Last-Modified: Tue, 21 Apr 2015 12:55:42 GMT
Content-Length: 9364324
Accept-Ranges: bytes
Date: Tue, 21 Apr 2015 13:20:43 GMT
Age: 67
X-Served-By: cache-lhr6335-LHR
X-Cache: HIT
X-Cache-Hits: 1
X-Timer: S1429622443.670970,VS0,VE43
X-Cache: MISS from localhost
Connection: close

We've got a content length header telling us how long the response is, in bytes. Network.HTTP could have recognised that this was not the same as the number of bytes it actually received, and thrown an error of some kinds.

This wouldn't fix our high level problem but might have given more useful clues for debugging this.

But why is this happening in the Haskell code with lazy ByteStrings?

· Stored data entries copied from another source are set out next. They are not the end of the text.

-- ===== src/Text/Sort/Order.antt =====
-- The order of `sort.Strings` on texts is total.
use Prim.Native.Char.{Char, code}
use Prim.Native.Nat.{compare as compare_ℕ, Ordering}
use Prim.Native.String.compare
use Prim.Native.String.{[], ◌∷◌}
use text.Mathlib.TextEquality.{codes_equal}
use editrig_go.Base.{◌≡◌, refl, ap₂, true, false, arith, ltb, nat_eq, if◌then◌else◌, String}
use editrig_go.Text.Sort.{text_leb}

-- One step of the comparison.
text_leb_cons :
    (c d : Char) (s t : String)
    → text_leb (c ∷ s) (d ∷ t) ≡ (
        if ltb (code c) (code d)
        then true
        else if nat_eq (code c) (code d)
        then text_leb s t
        else false)
text_leb_cons c d s t = rw (compare.cons-cons c d s t) (ground arith)

pub text_leb-total : (s t : String) → text_leb s t ≡ false → text_leb t s ≡ true
text_leb-total [] [] h = refl
text_leb-total [] (d ∷ t) h = cc (rw compare.nil-cons at h)
text_leb-total (c ∷ s) [] h = rw compare.nil-cons
text_leb-total (c ∷ s) (d ∷ t) h =
    ground (arith, text_leb_cons c d s t, text_leb_cons d c t s, text_leb-total s t)

pub text_leb_trans :
    (s t u : String) → text_leb s t ≡ true → text_leb t u ≡ true → text_leb s u ≡ true
text_leb_trans [] t [] h k = refl
text_leb_trans [] t (e ∷ u) h k = rw compare.nil-cons
text_leb_trans (c ∷ s) [] u h k = cc (rw compare.cons-nil at h)
text_leb_trans (c ∷ s) (d ∷ t) [] h k = cc (rw compare.cons-nil at k)
text_leb_trans (c ∷ s) (d ∷ t) (e ∷ u) h k = ground (
  arith,
  text_leb_cons c d s t,
  text_leb_cons d e t u,
  text_leb_cons c e s u,
  text_leb_trans s t u,
)

both_le :
    (c d : Char) (s t : String)
    → text_leb (c ∷ s) (d ∷ t) ≡ true
    → text_leb (d ∷ t) (c ∷ s) ≡ true
    → (compare_ℕ (code c) (code d) ≡ Ordering.eq) × (text_leb s t ≡ true) × (text_leb t s ≡ true)
both_le c d s t h k = (
  ground (arith, text_leb_cons c d s t, text_leb_cons d c t s),
  ground (arith, text_leb_cons c d s t, text_leb_cons d c t s),
  ground (arith, text_leb_cons c d s t, text_leb_cons d c t s),
)

pub text_leb_antisymm : (s t : String) → text_leb s t ≡ true → text_leb t s ≡ true → s ≡ t
text_leb_antisymm [] [] h k = refl
text_leb_antisymm [] (d ∷ t) h k = cc (rw compare.cons-nil at k)
text_leb_antisymm (c ∷ s) [] h k = cc (rw compare.cons-nil at h)
text_leb_antisymm (c ∷ s) (d ∷ t) h k =
    let (same, le, ge) = both_le c d s t h k in
    ap₂ (λ (x : Char) (y : String). x ∷ y) (codes_equal c d same) (text_leb_antisymm s t le ge)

Dig into the source of Network.HTTP and Network.TCP.

sendHTTPRequest conn req
resp <- getHTTPResponse conn
when (connectionClose resp)
   $ close conn
return (body resp)

This is pseudocode for what happens in the client. Let's plot this code against the packet trace graphs, for strict bytestrings and for lazy bytestrings.

So in the strict case, everything gets read before we start looking at headers and deciding to close.

But, in the lazy case, we only force as much to be read as we need - asking if there is a Connection: close header forces enough of the headers to decide that, and then we close, leaving the rest to be read lazily. And that manifests as on-the-wire behaviour.